The Ministry of Finance, in its Monthly Economic Review for September 2025, said that the recent GST rate cuts are poised to boost domestic demand by easing the tax burden on consumers and businesses. The move, the ministry noted, will likely spur consumption, investment and job creation across key sectors of the economy.
The report highlighted that India's economic growth remains firmly supported by robust performance in both industry and services, coupled with a stable labour market.

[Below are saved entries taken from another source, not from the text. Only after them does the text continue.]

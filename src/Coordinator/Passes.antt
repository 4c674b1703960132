-- ===== src/Coordinator/Passes.antt =====
-- The timeout pass over an overdue item that belongs to no operation
-- (`_checkTimeouts`, source/services/Ultravisor-Beacon-Coordinator.cjs).
use ultravisor.Base.{
  ap, subst, ◌∙◌, ◌==◌, Bool, true, false, Option, none, some, List, [], ◌∷◌, ◌≡◌, refl, inl, inr,
  arith, contains, Bool-cases, Option-cases,
}
use ultravisor.Base.Dict.{Dict, lookup, modify, keys, lookup-modify, lookup-delete, contains-keys}
use ultravisor.Work.{Text, WorkItem, timed_out}
use ultravisor.Coordinator.State.{Env, Coordinator}
use ultravisor.Coordinator.Routing.{try_push, dispatch_pending, remove_from_beacon}
use ultravisor.Coordinator.Finish.{
  has_attempts, settle, retry_item, fail_marked, fail_item, fail_work_item,
}
use ultravisor.Coordinator.Timeouts.{
  is_overdue, expire_one, expire_loop, retry_one, retry_loop, check_timeouts, back_in_queue,
}

settle_ne :
    (env : Env) (k h : Text) (it : WorkItem) (success : Bool) (c : Coordinator)
    → (k == h) ≡ false
    → lookup h (settle env k it success c).0.queue ≡ lookup h c.queue
unfolding settle
settle_ne env k h it success c ne = ground (arith, lookup-delete k h c.queue)

settle_self :
    (env : Env) (h : Text) (it : WorkItem) (success : Bool) (c : Coordinator)
    → it.run_hash ≡ 0
    → lookup h (settle env h it success c).0.queue ≡ none
unfolding settle
settle_self env h it success c alone = ground (arith, lookup-delete h h c.queue)

modify_ne :
    (k h : Text) (f : WorkItem → WorkItem) (queue : Dict WorkItem)
    → (k == h) ≡ false
    → lookup h (modify k f queue) ≡ lookup h queue
modify_ne k h f queue ne = rw (lookup-modify k h f queue, ne)

-- All beacons poll: no push handler is set.
module _ (env : Env) (polling : env.push_handler ≡ none) where
  remove-queue :
      (o : Option Text) (k : Text) (c : Coordinator)
      → (remove_from_beacon env o k c).queue ≡ c.queue
  unfolding remove_from_beacon dispatch_pending
  remove-queue none k c = refl
  remove-queue (some b) k c = ground arith

  fail_item_ne :
      (k h message : Text) (it : WorkItem) (c : Coordinator)
      → (k == h) ≡ false
      → lookup h (fail_item env k message it c).0.queue ≡ lookup h c.queue
  unfolding fail_item
  fail_item_ne k h message it c ne =
      settle_ne env k h it false _ ne
      ∙ ap (lookup h) (remove-queue it.assigned_beacon k _)
      ∙ modify_ne k h _ c.queue ne

  retry_item_ne :
      (k h message : Text) (it : WorkItem) (c : Coordinator)
      → (k == h) ≡ false
      → lookup h (retry_item env k message it c).0.queue ≡ lookup h c.queue
  unfolding retry_item
  retry_item_ne k h message it c ne =
      ap (lookup h) (remove-queue _ k _) ∙ modify_ne k h _ c.queue ne

  expire_one_ne :
      (k h : Text) (c : Coordinator)
      → (k == h) ≡ false
      → lookup h (expire_one env k c).queue ≡ lookup h c.queue
  unfolding expire_one fail_work_item
  expire_one_ne k h c ne = elim (Option-cases (lookup k c.queue)) [
    | inl e ↦ rw (e, expire_one)
    | inr (it, e) ↦
        ground (arith, fail_item_ne k h timed_out it c, retry_item_ne k h timed_out it c)
  ]

  -- Overdue, out of attempts and of no operation.
  abbrev IsDoomed : WorkItem → Type 0
  IsDoomed it = (is_overdue env.now it ≡ true) × (has_attempts it ≡ false) × (it.run_hash ≡ 0)

  expire_one_self :
      (h : Text) (it : WorkItem) (c : Coordinator)
      → lookup h c.queue ≡ some it
      → IsDoomed it
      → lookup h (expire_one env h c).queue ≡ none
  unfolding expire_one fail_work_item fail_item is_overdue
  expire_one_self h it c found doomed = ground (
    arith,
    settle_self env h it false
        (remove_from_beacon env it.assigned_beacon h (fail_marked env h timed_out it c)),
  )

  expire_one_absent :
      (k h : Text) (c : Coordinator)
      → lookup h c.queue ≡ none
      → lookup h (expire_one env k c).queue ≡ none
  unfolding expire_one
  expire_one_absent k h c gone = elim (Bool-cases (k == h)) [
    | inr ne ↦ expire_one_ne k h c ne ∙ gone
    | inl e ↦ ground arith
  ]

  expire_loop_absent :
      (hs : List Text) (h : Text) (c : Coordinator)
      → lookup h c.queue ≡ none
      → lookup h (expire_loop env hs c).queue ≡ none
  unfolding expire_loop
  expire_loop_absent [] h c gone = gone
  expire_loop_absent (k ∷ ks) h c gone =
      expire_loop_absent ks h (expire_one env k c) (expire_one_absent k h c gone)

  expire_loop_doomed :
      (hs : List Text) (h : Text) (it : WorkItem) (c : Coordinator)
      → contains h hs ≡ true
      → lookup h c.queue ≡ some it
      → IsDoomed it
      → lookup h (expire_loop env hs c).queue ≡ none
  unfolding expire_loop contains
  expire_loop_doomed [] h it c there found doomed = cc
  expire_loop_doomed (k ∷ ks) h it c there found doomed = elim (Bool-cases (k == h)) [
    | inr ne ↦
        expire_loop_doomed ks h it (expire_one env k c) (ground arith)
          (expire_one_ne k h c ne ∙ found) doomed
    | inl e ↦
        let same : h ≡ k = ground arith in
        expire_loop_absent ks h (expire_one env k c) (
          subst (λ j. lookup h (expire_one env j c).queue ≡ none) same
            (expire_one_self h it c found doomed))
  ]

  retry_one_absent :
      (k h : Text) (it : WorkItem) (c : Coordinator)
      → lookup h c.queue ≡ none
      → lookup h (retry_one env k it c).queue ≡ none
  unfolding retry_one try_push
  retry_one_absent k h it c gone = ground (arith, lookup-modify k h back_in_queue c.queue)

  -- Where one of the keys is missing, the retry loop throws.
  retry_loop_throws :
      (hs : List Text) (h : Text) (c : Coordinator)
      → contains h hs ≡ true
      → lookup h c.queue ≡ none
      → (retry_loop env hs c).1 ≡ true
  unfolding retry_loop contains
  retry_loop_throws [] h c there gone = cc
  retry_loop_throws (k ∷ ks) h c there gone = elim (Option-cases (lookup k c.queue)) [
    | inl e ↦ rw (e, retry_loop)
    | inr (it, e) ↦
        rw (e, retry_loop)
          (retry_loop_throws ks h (retry_one env k it c) (ground arith)
            (retry_one_absent k h it c gone))
  ]

  -- Where all beacons poll, a timeout pass over a queue with an overdue item that has no attempts
  -- left and belongs to no operation throws: its last two loops, which mark silent beacons offline
  -- and drop expired bindings, do not run.
  pub check_timeouts_throws :
      (h : Text) (it : WorkItem) (c : Coordinator)
      → lookup h c.queue ≡ some it
      → is_overdue env.now it ≡ true
      → has_attempts it ≡ false
      → it.run_hash ≡ 0
      → ((check_timeouts env c).1 ≡ true)
        × ((check_timeouts env c).0
            ≡ (retry_loop env (keys c.queue) (expire_loop env (keys c.queue) c)).0)
  unfolding check_timeouts
  check_timeouts_throws h it c found overdue spent alone =
      let there = contains-keys h it c.queue found in
      let gone = expire_loop_doomed (keys c.queue) h it c there found (overdue, spent, alone) in
      let thrown =
        retry_loop_throws (keys c.queue) h (expire_loop env (keys c.queue) c) there gone in
      (rw thrown, rw thrown)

However, it also cautioned that ongoing global uncertainties could impact exports and external demand, posing potential risks to growth.

GST 2.0 Reforms Expected to Strengthen Growth Momentum
The latest GST overhaul-dubbed GST 2.0 came into effect on September 22, 2025. The reform reduced the number of tax slabs from four to two: a 5% rate on essential goods and an 18% standard rate for most items. Luxury and "sin" goods such as cigarettes will continue to attract a 40% tax rate.

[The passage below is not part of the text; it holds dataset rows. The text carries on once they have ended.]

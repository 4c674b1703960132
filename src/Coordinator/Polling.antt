-- ===== src/Coordinator/Polling.antt =====
-- What a poll gives: only work that the beacon may run, and some whenever there is any
-- (`pollForWork`, source/services/Ultravisor-Beacon-Coordinator.cjs).
use ultravisor.Base.{
  suc, ◌<◌, ◌≤◌, subst, true, false, none, some, ◌≡◌, refl, ◌⊎◌, inl, inr, arith, leb, length,
  contains, Bool-cases, Option-cases,
}
use ultravisor.Base.Dict.{
  Dict, lookup, keys, find, find_in-some, find_in-none, contains-keys, lookup-modify,
}
use ultravisor.Work.{Text, WorkItem, Beacon, running, is_pending}
use ultravisor.Coordinator.State.{Env, Coordinator, modify_beacon}
use ultravisor.Coordinator.Routing.{satisfies_affinity}
use ultravisor.Coordinator.Poll.{
  is_mine, can_claim, start_assigned, claim_poll, take_assigned, take_pending, take_work,
  poll_for_work,
}

-- What a beacon may take: an item assigned to it, or a pending one of its capability that affinity
-- and the fleet's filter let it have.
pub data MayTake (env : Env) (b : Text) (bcn : Beacon) (it : WorkItem) : Type 0 where
  own : is_mine b it ≡ true → MayTake env b bcn it
  free :
      is_pending it.status ≡ true
      → satisfies_affinity it bcn ≡ true
      → contains it.capability bcn.capabilities ≡ true
      → env.fleet_allows b it ≡ true
      → MayTake env b bcn it

can_claim-MayTake :
    (env : Env) (b : Text) (bcn : Beacon) (it : WorkItem)
    → can_claim env b bcn it ≡ true
    → MayTake env b bcn it
unfolding can_claim
can_claim-MayTake env b bcn it h = free (ground arith) (ground arith) (ground arith) (ground arith)

-- The outcome of a poll that answers with an item.
pub record Taken (env : Env) (b h : Text) (bcn : Beacon) (queue after : Dict WorkItem)
    : Type 0 where
  pub before : WorkItem
  pub now_held : WorkItem
  pub was_there : lookup h queue ≡ some before
  pub may_take : MayTake env b bcn before
  pub is_there : lookup h after ≡ some now_held
  pub runs : now_held.status ≡ running
  pub on_beacon : now_held.assigned_beacon ≡ some b
  pub counted : now_held.attempt_number ≡ suc before.attempt_number

take_assigned-Taken :
    (env : Env) (b h : Text) (bcn : Beacon) (it : WorkItem) (c : Coordinator)
    → lookup h c.queue ≡ some it
    → is_mine b it ≡ true
    → Taken env b h bcn c.queue (take_assigned env b h it c).queue
unfolding take_assigned start_assigned is_mine
take_assigned-Taken env b h bcn it c found mine = record {
  before = it;
  now_held = start_assigned env.now it;
  was_there = found;
  may_take = own mine;
  is_there = ground (arith, lookup-modify h h (start_assigned env.now) c.queue);
  runs = refl;
  on_beacon = ground arith;
  counted = refl;
}

take_pending-Taken :
    (env : Env) (b h : Text) (bcn : Beacon) (it : WorkItem) (c : Coordinator)
    → lookup h c.queue ≡ some it
    → can_claim env b bcn it ≡ true
    → Taken env b h bcn c.queue (take_pending env b h it c).queue
unfolding take_pending claim_poll
take_pending-Taken env b h bcn it c found may = record {
  before = it;
  now_held = claim_poll env.now b it;
  was_there = found;
  may_take = can_claim-MayTake env b bcn it may;
  is_there = ground (arith, lookup-modify h h (claim_poll env.now b) c.queue);
  runs = refl;
  on_beacon = refl;
  counted = refl;
}

take_work-Taken :
    (env : Env) (b h : Text) (bcn : Beacon) (c : Coordinator)
    → (take_work env b bcn c).1 ≡ some h
    → Taken env b h bcn c.queue (take_work env b bcn c).0.queue
unfolding take_work
take_work-Taken env b h bcn c e = elim (Option-cases (find (is_mine b) c.queue)) [
  | inr ((k, it), f) ↦
      let found = find_in-some (is_mine b) (keys c.queue) c.queue f in
      let same : k ≡ h = ground arith in
      rw (f, take_work)
        (subst (λ j. Taken env b j bcn c.queue (take_assigned env b k it c).queue) same
          (take_assigned-Taken env b k bcn it c found.0 found.1))
  | inl f ↦
      rw (f, take_work)
        (elim (Option-cases (find (can_claim env b bcn) c.queue)) [
          | inr ((k, it), g) ↦
              let found = find_in-some (can_claim env b bcn) (keys c.queue) c.queue g in
              let same : k ≡ h = ground arith in
              rw (g, take_work)
                (subst (λ j. Taken env b j bcn c.queue (take_pending env b k it c).queue) same
                  (take_pending-Taken env b k bcn it c found.0 found.1))
          | inl g ↦ ground arith
        ])
]

-- A poll that answers with an item gives one that was in the queue and that the beacon may take;
-- it runs on that beacon afterwards, its attempt is counted, and the beacon had a free slot.
pub poll_sound :
    (env : Env) (b h : Text) (bcn : Beacon) (c : Coordinator)
    → lookup b c.beacons ≡ some bcn
    → (poll_for_work env b c).1 ≡ some h
    → (length bcn.current < bcn.max_concurrent)
      × Taken env b h bcn c.queue (poll_for_work env b c).0.queue
unfolding poll_for_work
poll_sound env b h bcn c there e = elim (Bool-cases (leb bcn.max_concurrent (length bcn.current))) [
  | inl t ↦ ground arith
  | inr t ↦
      rw (there, poll_for_work)
        (rw t (
          ground arith,
          take_work-Taken env b h bcn
              (modify_beacon b (λ x. record x { last_heartbeat = env.now }) c) (ground arith),
        ))
]

-- A poll that answers with nothing leaves the queue alone, and either the beacon is full or an item
-- of the queue, whichever it is, is neither assigned to the beacon nor claimable by it.
pub poll_complete :
    (env : Env) (b h : Text) (bcn : Beacon) (it : WorkItem) (c : Coordinator)
    → lookup b c.beacons ≡ some bcn
    → lookup h c.queue ≡ some it
    → (poll_for_work env b c).1 ≡ none
    → ((poll_for_work env b c).0.queue ≡ c.queue)
      × ((bcn.max_concurrent ≤ length bcn.current)
          ⊎ ((is_mine b it ≡ false) × (can_claim env b bcn it ≡ false)))
unfolding poll_for_work take_work
poll_complete env b h bcn it c there l e =
    elim (Bool-cases (leb bcn.max_concurrent (length bcn.current))) [
      | inl t ↦ (ground arith, inl (ground arith))
      | inr t ↦ elim (Option-cases (find (is_mine b) c.queue)) [
        | inr (k, f) ↦ ground arith
        | inl f ↦ elim (Option-cases (find (can_claim env b bcn) c.queue)) [
          | inr (k, g) ↦ ground arith
          | inl g ↦ (
            ground arith,
            inr (
              find_in-none (is_mine b) (keys c.queue) c.queue h it f (contains-keys h it c.queue l)
                  l,
              find_in-none (can_claim env b bcn) (keys c.queue) c.queue h it g
                  (contains-keys h it c.queue l) l,
            ),
          )
        ]
      ]
    ]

According to the review, these changes are designed to simplify compliance, reduce litigation, and make the tax structure more consumer-friendly. The ministry expects the rationalised GST to encourage formalisation of the economy and enhance business confidence.
Strong GDP Growth and Investment Outlook
India's GDP grew 7.8% in Q1 FY26, outperforming expectations due to resilient domestic demand and strong private investment. The ministry said that both household consumption and capital formation continue to underpin growth, a trend expected to persist through the remainder of FY26.
"The growth outlook for FY26 remains strong, supported by domestic demand, favourable monsoon conditions, lower inflation, monetary easing and the positive effects of GST reforms," the report said.
Inflation Expected to Stay Subdued
On the inflation front, the finance ministry expressed optimism that price pressures will remain under control in the coming months. The RBI, which has maintained the repo rate at 5.5%, revised its inflation forecast for FY26 down to 2.6%, from 3.7% projected earlier.
Inflation is expected to average 1.8% in Q3 FY26, before a mild uptick in Q4. The ministry attributed this moderation to GST rationalisation, stable global commodity prices, and improved supply chains.
Rural Demand and Agriculture Remain Resilient
Agriculture continues to support rural demand, with kharif sowing completed successfully and cereal and pulse production recording strong gains due to favourable weather. Although oilseeds and cash crops witnessed minor weather-related losses, the overall outlook for food production remains positive, bolstering rural incomes and market stability.
Financial Sector Strength and Credit Growth
The review also noted that funding to the commercial sector remains robust despite some moderation in bank credit growth. Non-bank financial sources are increasingly contributing to capital formation, while the RBI's latest regulatory reforms aim to enhance credit efficiency and deepen integration with global capital markets.
"The full implementation of the RBI's developmental and regulatory measures will strengthen the resilience of India's banking sector and ensure efficient credit allocation," the report stated.
Domestic Demand to Drive FY26 Growth
Despite external headwinds from global trade frictions and geopolitical tensions, the ministry reiterated its confidence in India's domestic fundamentals. With fiscal and monetary conditions remaining favourable, domestic demand is expected to remain the key driver of growth through FY26.